**WHAT TO PRODUCE:**
Transcribe exactly everything in the data below from the line containing "unfolding serialize atomic_of choose" down to the line containing "pub mod Uint32", both lines included and nothing further.

**DATASET CONTENT:**
◆ ◆ ◆ ◆
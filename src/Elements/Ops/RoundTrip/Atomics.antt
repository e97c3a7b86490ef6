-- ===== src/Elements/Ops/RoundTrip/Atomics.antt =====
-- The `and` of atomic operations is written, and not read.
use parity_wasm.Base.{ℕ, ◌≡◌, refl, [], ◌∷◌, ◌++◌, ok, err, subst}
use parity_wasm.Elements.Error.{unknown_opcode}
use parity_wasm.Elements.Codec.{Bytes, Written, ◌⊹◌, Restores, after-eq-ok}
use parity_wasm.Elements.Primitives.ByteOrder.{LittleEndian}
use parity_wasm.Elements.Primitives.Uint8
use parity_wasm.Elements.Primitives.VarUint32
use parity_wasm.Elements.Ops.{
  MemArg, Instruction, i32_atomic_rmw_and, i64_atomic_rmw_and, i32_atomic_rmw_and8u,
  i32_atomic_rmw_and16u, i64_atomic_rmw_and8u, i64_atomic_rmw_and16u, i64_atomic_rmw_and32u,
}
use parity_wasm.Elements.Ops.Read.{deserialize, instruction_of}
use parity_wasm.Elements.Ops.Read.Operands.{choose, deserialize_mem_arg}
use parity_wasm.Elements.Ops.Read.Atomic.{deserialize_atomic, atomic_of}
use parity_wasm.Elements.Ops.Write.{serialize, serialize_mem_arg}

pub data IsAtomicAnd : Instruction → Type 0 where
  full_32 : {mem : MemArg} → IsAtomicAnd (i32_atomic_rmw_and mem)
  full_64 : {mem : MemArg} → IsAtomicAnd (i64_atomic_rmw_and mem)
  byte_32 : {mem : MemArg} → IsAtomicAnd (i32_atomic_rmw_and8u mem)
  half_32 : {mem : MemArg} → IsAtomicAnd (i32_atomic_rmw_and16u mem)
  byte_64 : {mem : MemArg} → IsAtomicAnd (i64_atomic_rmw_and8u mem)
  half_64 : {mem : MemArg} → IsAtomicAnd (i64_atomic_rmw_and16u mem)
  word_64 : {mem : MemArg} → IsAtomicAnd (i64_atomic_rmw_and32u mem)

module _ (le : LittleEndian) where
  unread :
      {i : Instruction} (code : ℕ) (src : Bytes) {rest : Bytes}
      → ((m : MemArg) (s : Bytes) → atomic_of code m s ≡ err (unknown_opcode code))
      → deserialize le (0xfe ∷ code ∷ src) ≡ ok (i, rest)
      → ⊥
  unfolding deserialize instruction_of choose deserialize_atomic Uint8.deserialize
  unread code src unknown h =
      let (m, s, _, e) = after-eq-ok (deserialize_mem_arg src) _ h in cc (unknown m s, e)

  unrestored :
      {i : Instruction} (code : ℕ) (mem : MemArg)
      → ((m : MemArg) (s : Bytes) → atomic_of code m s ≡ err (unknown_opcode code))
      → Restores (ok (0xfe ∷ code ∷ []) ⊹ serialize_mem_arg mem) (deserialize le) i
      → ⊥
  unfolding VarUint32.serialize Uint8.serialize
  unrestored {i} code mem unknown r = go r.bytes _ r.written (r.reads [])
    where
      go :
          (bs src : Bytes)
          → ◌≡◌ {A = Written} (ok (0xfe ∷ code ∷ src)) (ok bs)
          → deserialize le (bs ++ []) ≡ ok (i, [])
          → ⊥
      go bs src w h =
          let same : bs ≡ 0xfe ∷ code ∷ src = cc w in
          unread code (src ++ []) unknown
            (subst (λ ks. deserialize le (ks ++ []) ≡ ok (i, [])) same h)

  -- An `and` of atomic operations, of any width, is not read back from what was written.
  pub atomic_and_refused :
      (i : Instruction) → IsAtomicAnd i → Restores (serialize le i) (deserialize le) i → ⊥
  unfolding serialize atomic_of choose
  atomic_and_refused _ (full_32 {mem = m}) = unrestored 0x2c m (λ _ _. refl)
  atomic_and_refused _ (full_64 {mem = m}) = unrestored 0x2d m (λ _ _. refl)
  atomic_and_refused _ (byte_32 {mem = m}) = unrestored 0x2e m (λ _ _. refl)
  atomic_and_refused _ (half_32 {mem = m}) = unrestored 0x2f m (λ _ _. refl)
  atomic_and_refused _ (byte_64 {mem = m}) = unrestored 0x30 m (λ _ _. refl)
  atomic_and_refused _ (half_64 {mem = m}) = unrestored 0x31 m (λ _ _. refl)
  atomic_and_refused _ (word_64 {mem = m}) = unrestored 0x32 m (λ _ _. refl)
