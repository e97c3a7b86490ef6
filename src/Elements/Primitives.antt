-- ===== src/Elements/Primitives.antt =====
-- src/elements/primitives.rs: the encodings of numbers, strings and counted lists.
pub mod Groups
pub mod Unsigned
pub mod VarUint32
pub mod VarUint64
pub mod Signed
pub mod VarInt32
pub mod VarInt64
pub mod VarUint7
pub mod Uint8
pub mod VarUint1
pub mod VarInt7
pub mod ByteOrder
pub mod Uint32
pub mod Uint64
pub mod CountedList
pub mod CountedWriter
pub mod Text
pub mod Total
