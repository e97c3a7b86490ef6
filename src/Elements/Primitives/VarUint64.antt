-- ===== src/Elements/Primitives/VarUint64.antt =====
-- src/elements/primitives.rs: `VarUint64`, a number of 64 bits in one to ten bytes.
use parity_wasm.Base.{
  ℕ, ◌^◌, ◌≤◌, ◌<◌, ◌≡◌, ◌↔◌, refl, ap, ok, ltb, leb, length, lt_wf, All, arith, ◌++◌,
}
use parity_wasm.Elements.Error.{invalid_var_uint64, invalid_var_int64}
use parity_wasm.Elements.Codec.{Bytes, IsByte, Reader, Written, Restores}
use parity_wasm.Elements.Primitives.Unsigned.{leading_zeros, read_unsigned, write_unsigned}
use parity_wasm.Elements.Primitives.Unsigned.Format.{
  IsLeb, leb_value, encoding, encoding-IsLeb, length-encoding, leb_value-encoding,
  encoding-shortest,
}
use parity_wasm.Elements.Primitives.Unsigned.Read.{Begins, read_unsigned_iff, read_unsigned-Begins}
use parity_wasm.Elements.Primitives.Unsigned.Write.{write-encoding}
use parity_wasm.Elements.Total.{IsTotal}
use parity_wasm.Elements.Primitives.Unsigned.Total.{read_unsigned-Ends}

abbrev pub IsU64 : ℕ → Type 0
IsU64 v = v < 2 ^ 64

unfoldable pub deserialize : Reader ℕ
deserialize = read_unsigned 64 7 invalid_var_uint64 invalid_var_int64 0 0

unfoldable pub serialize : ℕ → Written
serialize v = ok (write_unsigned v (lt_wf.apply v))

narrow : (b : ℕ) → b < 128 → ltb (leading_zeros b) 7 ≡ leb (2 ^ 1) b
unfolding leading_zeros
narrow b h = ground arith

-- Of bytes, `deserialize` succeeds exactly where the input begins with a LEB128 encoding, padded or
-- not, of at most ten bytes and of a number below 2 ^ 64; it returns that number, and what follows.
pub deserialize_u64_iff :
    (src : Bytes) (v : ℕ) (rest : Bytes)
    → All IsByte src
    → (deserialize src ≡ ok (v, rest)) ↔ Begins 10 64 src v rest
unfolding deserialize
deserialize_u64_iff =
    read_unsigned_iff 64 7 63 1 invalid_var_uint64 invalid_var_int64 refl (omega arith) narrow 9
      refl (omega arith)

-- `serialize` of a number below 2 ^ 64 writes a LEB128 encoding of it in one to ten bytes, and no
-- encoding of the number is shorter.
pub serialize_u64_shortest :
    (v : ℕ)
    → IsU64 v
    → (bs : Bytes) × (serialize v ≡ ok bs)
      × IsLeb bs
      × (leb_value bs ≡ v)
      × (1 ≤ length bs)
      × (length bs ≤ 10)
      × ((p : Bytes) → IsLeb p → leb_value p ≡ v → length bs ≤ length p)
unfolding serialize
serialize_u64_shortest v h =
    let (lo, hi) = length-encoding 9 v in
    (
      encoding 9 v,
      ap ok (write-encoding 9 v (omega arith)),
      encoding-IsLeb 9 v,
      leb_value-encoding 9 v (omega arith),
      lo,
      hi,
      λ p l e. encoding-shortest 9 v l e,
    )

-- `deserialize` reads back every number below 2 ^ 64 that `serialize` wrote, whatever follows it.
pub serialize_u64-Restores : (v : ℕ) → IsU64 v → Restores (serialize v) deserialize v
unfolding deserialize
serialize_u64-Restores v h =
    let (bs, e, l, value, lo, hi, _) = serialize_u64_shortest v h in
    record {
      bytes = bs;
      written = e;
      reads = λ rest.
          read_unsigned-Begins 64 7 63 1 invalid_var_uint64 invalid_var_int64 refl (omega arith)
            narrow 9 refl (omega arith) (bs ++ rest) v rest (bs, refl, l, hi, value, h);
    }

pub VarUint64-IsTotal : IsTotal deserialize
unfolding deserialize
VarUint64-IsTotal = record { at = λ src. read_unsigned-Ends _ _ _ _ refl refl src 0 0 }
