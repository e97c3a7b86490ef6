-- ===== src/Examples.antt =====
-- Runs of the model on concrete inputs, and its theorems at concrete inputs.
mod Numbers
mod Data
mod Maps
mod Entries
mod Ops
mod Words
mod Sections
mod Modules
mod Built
◆ ◆ ◆ ◆
**EXPECTED ANSWER:**
  unfolding serialize atomic_of choose
  atomic_and_refused _ (full_32 {mem = m}) = unrestored 0x2c m (λ _ _. refl)
  atomic_and_refused _ (full_64 {mem = m}) = unrestored 0x2d m (λ _ _. refl)
  atomic_and_refused _ (byte_32 {mem = m}) = unrestored 0x2e m (λ _ _. refl)
  atomic_and_refused _ (half_32 {mem = m}) = unrestored 0x2f m (λ _ _. refl)
  atomic_and_refused _ (byte_64 {mem = m}) = unrestored 0x30 m (λ _ _. refl)
  atomic_and_refused _ (half_64 {mem = m}) = unrestored 0x31 m (λ _ _. refl)
  atomic_and_refused _ (word_64 {mem = m}) = unrestored 0x32 m (λ _ _. refl)
repository e97c3a7b86490ef6
filename src/Elements/Primitives.antt
-- ===== src/Elements/Primitives.antt =====
-- src/elements/primitives.rs: the encodings of numbers, strings and counted lists.
pub mod Groups
pub mod Unsigned
pub mod VarUint32
pub mod VarUint64
pub mod Signed
pub mod VarInt32
pub mod VarInt64
pub mod VarUint7
pub mod Uint8
pub mod VarUint1
pub mod VarInt7
pub mod ByteOrder
pub mod Uint32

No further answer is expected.